* Assigned task
For each line below, check whether "same" is present. Report how many lines have it, nothing else.

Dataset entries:
-------------------------
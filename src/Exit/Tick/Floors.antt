-- ===== src/Exit/Tick/Floors.antt =====
-- The stop loss: when it closes, how many ticks confirm it, and the floor under a profit.
use automatamain.Base.{
  ℕ, suc, ◌+◌, ◌*◌, ◌≤◌, ◌<◌, ◌≡◌, ◌≢◌, arith, max, Bool, true, false, Option, none, some, List, [],
  ◌∷◌, All, length, if◌then◌else◌, leb, refl, le-or-lt, inl, inr,
}
use automatamain.Base.Float.{Float, IsFloat, int}
use automatamain.Exit.Types.{Position, SmartBuyConfig, Action, sl}
use automatamain.Exit.Entry.{in_sl_grace_period}
use automatamain.Exit.Rules.{sl_crash_triggered, profit_lock_staircase_floor}
use automatamain.Exit.Tick.Observe.{View, raise_to_staircase, raise_floor}
use automatamain.Exit.Tick.Stops.{stop_loss_rule, sl_streak, saturating_add_u8}

abbrev first_of : {A : Type 0} → Option A → Option A → Option A
first_of none later = later
first_of (some a) later = some a

module _ {F : Type 0} ⦃fl : Float F⦄ where
  open fl use {fle}

  -- The crash test of a round.
  abbrev pub crashes : SmartBuyConfig F → View F → Bool
  crashes cfg v =
      sl_crash_triggered v.sl_profit v.profit_raw v.tick_drop cfg.sl_crash_pnl_pct
        cfg.sl_crash_tick_drop_pct (in_sl_grace_period v.held_secs cfg.sl_grace_secs)

  -- The floor is broken in a round that counts: no crash, out of the grace, at or below the floor.
  pub record Breaks (cfg : SmartBuyConfig F) (floor : F) (v : View F) : Type 0 where
    pub no_crash : crashes cfg v ≡ false
    pub out_of_grace : cfg.sl_grace_secs ≤ v.held_secs
    pub below : fle v.sl_profit floor ≡ true

  -- The stop-loss rule in one round after another, until it queues a sale.
  pub sl_rounds : SmartBuyConfig F → List (View F) → Position F → Option (Action F)
  sl_rounds cfg [] p = none
  sl_rounds cfg (v ∷ vs) p =
      let (q, action) = stop_loss_rule cfg v p in first_of action (sl_rounds cfg vs q)

  abbrev pub sl_close : Action F
  sl_close = record { percent = int 100; reason = sl; urgent = false }

  Breaks-counts :
      (cfg : SmartBuyConfig F) (v : View F) (p : Position F)
      → Breaks cfg p.exit_profit_floor v
      → sl_streak cfg v p ≡ saturating_add_u8 p.sl_below_floor_streak 1
  unfolding sl_streak in_sl_grace_period
  Breaks-counts cfg v p h = ground (arith, h.out_of_grace, h.below)

  -- A round that counts either closes or adds to the streak.
  rule_counts :
      (cfg : SmartBuyConfig F) (v : View F) (p : Position F)
      → Breaks cfg p.exit_profit_floor v
      → cfg.sl_confirm_ticks < 256
      → p.sl_below_floor_streak < max cfg.sl_confirm_ticks 1
      → let (q, action) = stop_loss_rule cfg v p in
        (q.exit_profit_floor ≡ p.exit_profit_floor)
        × (max cfg.sl_confirm_ticks 1 ≤ suc p.sl_below_floor_streak → action ≡ some sl_close)
        × (suc p.sl_below_floor_streak < max cfg.sl_confirm_ticks 1
            → (action ≡ none) × (q.sl_below_floor_streak ≡ suc p.sl_below_floor_streak))
  unfolding stop_loss_rule in_sl_grace_period
  rule_counts cfg v p h small early =
      ground (arith, Breaks-counts cfg v p h, h.out_of_grace, h.no_crash)

  -- With a confirmation of up to 255 ticks that the streak has not reached, rounds without a crash, at
  -- least sl_grace_secs after the entry and at or below the floor, one after another, make the stop
  -- loss close the position exactly when they are as many, with the streak before them, as the
  -- confirmation asks. The grace of exit_v4, exit_grace_secs, does not delay it.
  pub sl_rounds_confirm :
      (cfg : SmartBuyConfig F) (vs : List (View F)) (p : Position F)
      → cfg.sl_confirm_ticks < 256
      → p.sl_below_floor_streak < max cfg.sl_confirm_ticks 1
      → All (Breaks cfg p.exit_profit_floor) vs
      → sl_rounds cfg vs p ≡ (
          if leb (max cfg.sl_confirm_ticks 1) (p.sl_below_floor_streak + length vs)
          then some sl_close
          else none)
  unfolding sl_rounds
  sl_rounds_confirm cfg [] p small early breaks = ground arith
  sl_rounds_confirm cfg (v ∷ vs) p small early (b, bs) =
      let q = (stop_loss_rule cfg v p).0 in
      let counts = rule_counts cfg v p b small early in
      elim (le-or-lt (max cfg.sl_confirm_ticks 1) (suc p.sl_below_floor_streak)) [
        | inl late ↦ rw (counts.1 late) (ground arith)
        | inr soon ↦
            let waits = counts.2 soon in
            let later =
              sl_rounds_confirm cfg vs q small (omega (arith, waits.1)) (rw counts.0 bs) in
            rw waits.0 (rw later (rw waits.1 (ground arith)))
      ]

  -- A confirmation of a positive multiple of 256 ticks is none: the first calm round out of the
  -- grace closes the position, wherever its profit is.
  pub sl_confirm_truncated :
      (cfg : SmartBuyConfig F) (v : View F) (p : Position F) (k : ℕ)
      → cfg.sl_confirm_ticks ≡ 256 * suc k
      → cfg.sl_grace_secs ≤ v.held_secs
      → crashes cfg v ≡ false
      → (stop_loss_rule cfg v p).1 ≡ some sl_close
  unfolding stop_loss_rule in_sl_grace_period
  sl_confirm_truncated cfg v p k e out calm = ground arith

  -- In the grace the stop loss closes a position only at the crash level.
  grace_only_crash :
      (cfg : SmartBuyConfig F) (v : View F) (p : Position F)
      → v.held_secs < cfg.sl_grace_secs
      → (stop_loss_rule cfg v p).1 ≢ none
      → fle v.sl_profit cfg.sl_crash_pnl_pct ≡ true
  unfolding stop_loss_rule sl_crash_triggered in_sl_grace_period
  grace_only_crash cfg v p early h = ground arith

  closes_at_once :
      (cfg : SmartBuyConfig F) (v : View F) (q : Position F)
      → cfg.sl_confirm_ticks ≤ 1
      → Breaks cfg q.exit_profit_floor v
      → (stop_loss_rule cfg v q).1 ≡ some sl_close
  unfolding stop_loss_rule in_sl_grace_period
  closes_at_once cfg v q one h = ground (arith, Breaks-counts cfg v q h, h.out_of_grace, h.no_crash)

  module _ (laws : IsFloat F) where
    open laws use {fle_refl, fle_trans, fle_total}

    raised :
        (floor : F) (p : Position F)
        → fle floor floor ≡ true
        → fle p.exit_profit_floor p.exit_profit_floor ≡ true
        → fle floor (raise_floor (some floor) p).exit_profit_floor ≡ true
    unfolding raise_floor
    raised floor p hf hp = ground (arith, fle_total floor p.exit_profit_floor)

    staircase_floor :
        (cfg : SmartBuyConfig F) (p : Position F) (floor : F)
        → cfg.exit_v4.enabled ≡ true
        → cfg.exit_v4.profit_staircase_enabled ≡ true
        → profit_lock_staircase_floor p.peak_profit_pct ≡ some floor
        → raise_to_staircase cfg p ≡ raise_floor (some floor) p
    unfolding raise_to_staircase
    staircase_floor cfg p floor on stairs step = rw on (rw stairs (rw step refl))

    -- The staircase protects a profit: with the staircase on and a confirmation of at most one tick,
    -- the stop loss closes a position whose peak has reached a step, and whose floor is a number, in
    -- a round without a crash, at least sl_grace_secs after the entry, as soon as the profit is at most
    -- the floor of the step. The grace of exit_v4, exit_grace_secs, does not delay it.
    pub staircase_protects :
        (cfg : SmartBuyConfig F) (v : View F) (p : Position F) (floor : F)
        → cfg.exit_v4.enabled ≡ true
        → cfg.exit_v4.profit_staircase_enabled ≡ true
        → cfg.sl_confirm_ticks ≤ 1
        → fle p.exit_profit_floor p.exit_profit_floor ≡ true
        → profit_lock_staircase_floor p.peak_profit_pct ≡ some floor
        → cfg.sl_grace_secs ≤ v.held_secs
        → crashes cfg v ≡ false
        → fle v.sl_profit floor ≡ true
        → (stop_loss_rule cfg v (raise_to_staircase cfg p)).1 ≡ some sl_close
    staircase_protects cfg v p floor on stairs one known step out calm low =
        let same = staircase_floor cfg p floor on stairs step in
        let above = raised floor p (fle_refl v.sl_profit floor low).1 known in
        let q = raise_floor (some floor) p in
        rw same (
          closes_at_once cfg v q one (record {
            no_crash = calm;
            out_of_grace = out;
            below = fle_trans v.sl_profit floor q.exit_profit_floor low above;
          }))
-------------------------
* Your solution
2